Le secteur manufacturier évolue dans un contexte marqué par des départs à la retraite, des transformations technologiques et des défis liés à la disponibilité de la main-d’œuvre.
Dans plusieurs régions du Québec, les organisations doivent adapter leurs pratiques de recrutement et de gestion des talents afin de demeurer cohérentes avec leur réalité opérationnelle et les conditions du marché du travail.

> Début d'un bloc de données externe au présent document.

-- ===== src/Storage/Formats.antt =====
-- components/server/run.go: the format that `ValidateVolumes` records for a volume. Its variable
-- `format` is set before the loop, and a volume that is no QCOW2 file sets it to `Raw`.
use corectl.Base.{
  ℕ, Bool, true, inl, inr, ◌⊎◌, none, some, List, [], ◌∷◌, Text, ◌≡◌, refl, codes, has_suffix, All,
  arith, Result, ok, err,
}
use corectl.Daemon.{Error}
use corectl.Qcow2.{not_qcow2, validate_qcow2}
use corectl.Storage.{
  Files, Drives, put, add_volume, check_volume, next_format, after_volume, add_volumes,
  validate_volumes,
}
use corectl.Vm.{Vm, Kind, raw, qcow2, StorageDevice}

-- Every drive has the format.
abbrev pub AllOf : Kind → Drives → Type 0
AllOf k = All (λ e. e.1.format ≡ k)

put-AllOf :
    (k : Kind) (n : ℕ) (d : StorageDevice) (m : Drives)
    → d.format ≡ k
    → AllOf k m
    → AllOf k (put n d m)
unfolding put
put-AllOf k n d [] e h = (e, tt)
put-AllOf k n d ((j, x) ∷ m) e h = ground (arith, put-AllOf k n d m e h.1)

add_volume-AllOf :
    (k : Kind) (root : Bool) (path : Text) (vm : Vm)
    → AllOf k vm.storage.hard_drives
    → AllOf k (add_volume root k path vm).storage.hard_drives
unfolding add_volume
add_volume-AllOf k root path vm h = put-AllOf k _ _ vm.storage.hard_drives refl h

-- Once the variable is `Raw` it stays `Raw`, also for a QCOW2 file.
check_volume_raw :
    (f : Files) (running : Result Error (List Vm)) (format : Kind) (j path : Text) (vm : Vm)
    → check_volume f running raw j vm ≡ ok (path, format)
    → (format ≡ raw) × (has_suffix j (codes ".img") ≡ true)
unfolding check_volume next_format
check_volume_raw f running format j path vm e = ground arith

-- The file at the path is a QCOW2 one.
abbrev pub IsQcow2 : Files → Text → Type 0
IsQcow2 f j = (bytes : Text) × (f.contents j ≡ some bytes) × (validate_qcow2 bytes ≡ none)

check_volume_qcow2 :
    (f : Files) (running : Result Error (List Vm)) (format : Kind) (j path : Text) (vm : Vm)
    → IsQcow2 f j
    → check_volume f running qcow2 j vm ≡ ok (path, format)
    → format ≡ qcow2
unfolding check_volume next_format
check_volume_qcow2 f running format j path vm (bytes, p, q) e = ground arith

-- The file at the path is read, and is no QCOW2 one.
abbrev pub IsPlain : Files → Text → Type 0
IsPlain f j = (bytes : Text) × (f.contents j ≡ some bytes) × (validate_qcow2 bytes ≡ some not_qcow2)

check_volume_plain :
    (f : Files) (running : Result Error (List Vm)) (format : Kind) (j path : Text) (vm : Vm)
    → IsPlain f j
    → check_volume f running qcow2 j vm ≡ ok (path, format)
    → format ≡ raw
unfolding check_volume next_format
check_volume_plain f running format j path vm (bytes, p, q) e = ground arith

module _ (f : Files) (running : Result Error (List Vm)) (root : Bool) where
  -- One round, for a format that every round keeps.
  round :
      (k format : Kind) (j : Text) (js : List Text) (vm : Vm) (r : Result Error (Text × Kind))
      → ((path : Text) (format' : Kind) → r ≡ ok (path, format') → format' ≡ k)
      → AllOf k vm.storage.hard_drives
      → ((vm' : Vm)
          → AllOf k vm'.storage.hard_drives
          → AllOf k (add_volumes f running root k js vm').0.storage.hard_drives)
      → AllOf k
          (after_volume root vm
            (λ format' vm'. add_volumes f running root format' js vm')
            r).0.storage.hard_drives
  unfolding after_volume
  round k format j js vm (err e) keeps h ih = h
  round k format j js vm (ok (path, format')) keeps h ih =
      let e = keeps path format' refl in rw e (ih _ (add_volume-AllOf k root path vm h))

  raw_rest :
      (js : List Text) (vm : Vm)
      → AllOf raw vm.storage.hard_drives
      → AllOf raw (add_volumes f running root raw js vm).0.storage.hard_drives
  unfolding add_volumes
  raw_rest [] vm h = h
  raw_rest ([] ∷ js) vm h = raw_rest js vm h
  raw_rest ((c ∷ j) ∷ js) vm h =
      round raw raw (c ∷ j) js vm (check_volume f running raw (c ∷ j) vm)
        (λ path format' e. (check_volume_raw f running format' (c ∷ j) path vm e).0) h
        λ vm' h'. raw_rest js vm' h'

  qcow2_rest :
      (js : List Text) (vm : Vm)
      → All (λ j. (j ≡ []) ⊎ IsQcow2 f j) js
      → AllOf qcow2 vm.storage.hard_drives
      → AllOf qcow2 (add_volumes f running root qcow2 js vm).0.storage.hard_drives
  unfolding add_volumes
  qcow2_rest [] vm a h = h
  qcow2_rest ([] ∷ js) vm a h = qcow2_rest js vm a.1 h
  qcow2_rest ((c ∷ j) ∷ js) vm (inl e, a) h = absurd (cc)
  qcow2_rest ((c ∷ j) ∷ js) vm (inr q, a) h =
      round qcow2 qcow2 (c ∷ j) js vm (check_volume f running qcow2 (c ∷ j) vm)
        (λ path format' e. check_volume_qcow2 f running format' (c ∷ j) path vm q e) h
        λ vm' h'. qcow2_rest js vm' a h'

  -- If every volume is a QCOW2 file, every drive is recorded as one.
  pub validate_volumes_qcow2 :
      (js : List Text) (vm : Vm)
      → All (λ j. (j ≡ []) ⊎ IsQcow2 f j) js
      → AllOf qcow2 vm.storage.hard_drives
      → AllOf qcow2 (validate_volumes f running js root vm).0.storage.hard_drives
  unfolding validate_volumes
  validate_volumes_qcow2 js vm a h = qcow2_rest js vm a h

  -- If the first volume is not a QCOW2 file, every drive is recorded as `Raw`, also those whose
  -- files are QCOW2.
  pub validate_volumes_raw :
      (c : ℕ) (j : Text) (js : List Text) (vm : Vm)
      → IsPlain f (c ∷ j)
      → AllOf raw vm.storage.hard_drives
      → AllOf raw (validate_volumes f running ((c ∷ j) ∷ js) root vm).0.storage.hard_drives
  unfolding validate_volumes add_volumes
  validate_volumes_raw c j js vm q h =
      round raw qcow2 (c ∷ j) js vm (check_volume f running qcow2 (c ∷ j) vm)
        (λ path format' e. check_volume_plain f running format' (c ∷ j) path vm q e) h
        λ vm' h'. raw_rest js vm' h'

Contexte démographique et organisationnel
Le vieillissement de la population active influence la disponibilité de certains profils expérimentés. Selon diverses données publiées par des organismes statistiques, la proportion de travailleurs âgés de 55 ans et plus demeure significative dans plusieurs secteurs, dont le manufacturier.
Ces éléments invitent les organisations à planifier leurs besoins de relève et à documenter leurs stratégies de transfert des connaissances.
1. Positionnement de l’environnement de travail
Certaines entreprises choisissent de revoir :
- La clarté de leurs affichages d’emploi ;
- La présentation des conditions de travail ;
- Les possibilités de progression interne lorsqu’elles existent ;
- Les programmes de mentorat ou de jumelage.
Ces pratiques peuvent soutenir la compréhension des rôles offerts, sans garantir un résultat spécifique en matière d’attraction ou de rétention.
2. Modernisation des outils et des processus
L’intégration de technologies en milieu manufacturier peut modifier l’organisation du travail.
Certaines initiatives incluent :
- L’automatisation de tâches répétitives ;
- L’implantation d’outils numériques de suivi ;
- L’amélioration ergonomique des postes de travail.
Toutefois, l’impact réel de ces mesures dépend de la qualité de l’implantation, de la formation offerte et du contexte interne.
3. Développement des compétences
Dans un environnement en évolution, certaines organisations mettent en place :
- Des formations techniques ;
- Des partenariats avec des établissements d’enseignement ;
- Des programmes de transfert des connaissances ;
- Des certifications internes.
Ces démarches peuvent soutenir l’adaptation aux changements technologiques, sans constituer une garantie de fidélisation.
Éléments organisationnels à examiner
Dans une perspective de gestion structurée, il peut être pertinent d’évaluer :
- L’existence d’un manuel d’employé à jour ;
- La cohérence des politiques internes ;
- Les mécanismes d’intégration ;
- La structure salariale en fonction du marché local ;
- Les outils technologiques utilisés.
Chaque organisation doit adapter ces éléments à sa capacité financière, à sa taille et à ses obligations légales.
Limites à considérer
L’attraction, la mobilisation et la rétention des talents en contexte manufacturier dépendent de multiples facteurs :
- Conjoncture économique ;
- Concurrence régionale ;
- Conditions salariales du marché ;
- Pratiques de gestion ;
- Climat organisationnel.
Aucune stratégie isolée ne permet à elle seule d’assurer un résultat déterminé.
En conclusion
En 2025, les organisations manufacturières peuvent bénéficier d’une réflexion structurée sur leurs pratiques de recrutement et de gestion des talents.
Une approche adaptée à leur réalité, conforme aux obligations légales et déontologiques, et cohérente avec leurs ressources internes peut contribuer à soutenir la planification de la main-d’œuvre et la stabilité organisationnelle, sans présumer d’un effet spécifique en matière de performance ou de productivité.
Sources
- Institut de la statistique du Québec – Données sur la population active et le marché du travail.
- Statistique Canada – Indicateurs liés au secteur manufacturier.
- Ordre des conseillers en ressources humaines agréés – Normes de pratique professionnelles.
- Code de déontologie des CRHA | CRIA (Légis Québec – C-26, r. 81).
- Publications spécialisées en planification de la main-d’œuvre et gestion des talents.